December 10, 2005

Family Tales: the Not Ready For International Spy-dom Players

I have gotten cards for the Pirate. Not only a card from me, but also a card from the Vampire *and* a card from the Cat threatening to hack up a furball. Isn't that sweet?

This would have felt very efficient and clever, but as so often happens in such cases, things did not work out quite as well as one might have hoped.

We took the Pirate to Target Boutique for the supposed purpose of purchasing a new pair of slippers for him. Happy Birthday, and Congratulations on those Stylin' Homer-Simpson-Is- Swallowing-My-Feet slippers, darling man. Please never wear them in public.

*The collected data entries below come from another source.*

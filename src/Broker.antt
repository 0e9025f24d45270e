-- ===== src/Broker.antt =====
-- broker/app, the vault broker: it serves a role's secrets to a host whose certificate names the role.
pub mod Limiter
pub mod Identity
pub mod Identities
pub mod Serve
pub mod Served
pub mod Shares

While the boys were frolicking in the shoe department I was on my own, choosing what will soon be Belated Happy Holidays Cards from Yours Truly & Co. This was all plotted out carefully, the goal being that I would get a chance to surruptitiously pick out Birthday cards for tomorrow's Big Event (two Big Events, actually - see tomorrow's blog, assuming I am awake enough to report when we return home from our social rounds).

I unwisely placed my son in charge of the Pirate, handing him the aforementioned cards and directing him to tell his father that I had retreated to the Ladies Room. The plan was that he would convey the instructions that they were to pay for the slippers and the cards, and then wait in the car for my arrival. I was going to use the opportunity to find birthday cards and purchase them on the sly; he was in charge of keeping his father out of the way during this process.

I made it to the cash register.

At the point at which I had finished paying for the Birthday cards and was hunched over an empty register counter, madly scribbling brilliantly humorous comments from the cat on the appropriate card, the Pirate wandered up behind me and asked what the heck I was doing.

Apparently the cool temperature outside woke our Birthday Boy up enough for it to occur to him that I was taking more time in the bathroom than usual. I'm not a primper, so I'm generally in and out of public restrooms at a sprinter's pace; knowing this, and having reached something approaching alertness - or an advanced state of boredom - he had become uncharacteristically solicitous of my health. When he announced his intention of re-entering the store, the Vampire panicked and couldn't think of a way to keep dear old dad from coming to the rescue. He attended to his responsibilities in the matter by trailing behind his dear old dad with a vaguely distressed and yet carefully blank expression on his phiz.

I'm not entirely certain what the Pirate thought he was going to do if I was getting ill in the Ladies Room. This is a man who feels it an act of Heroic proportions to buy feminine hygiene products when I express a dire need for such items, and who nearly dies of embarrassment when I send a burned entree back to the kitchen at a restaurant. He is, in spite of the impression his sartorial tastes might give the outsider, a sensitive and retiring soul. His head would probably explode if he were to open the door to the Ladies Room and encounter an actual female there. But I digress...

I was, of course, characteristically cool under fire. Faced with a situation in which my husband was sure to see exactly what I was up to, I did what any rational woman would do.

I made shooing motions with my hands, and accompanied this performance with shrill repetitions of "Go away! Go away!!" Which he eventually did, wearing an expression perfectly balanced between bafflement and offense.

Yeah. I wonder why the Vampire never learned the gentle arts of Subterfuge and Misdirection?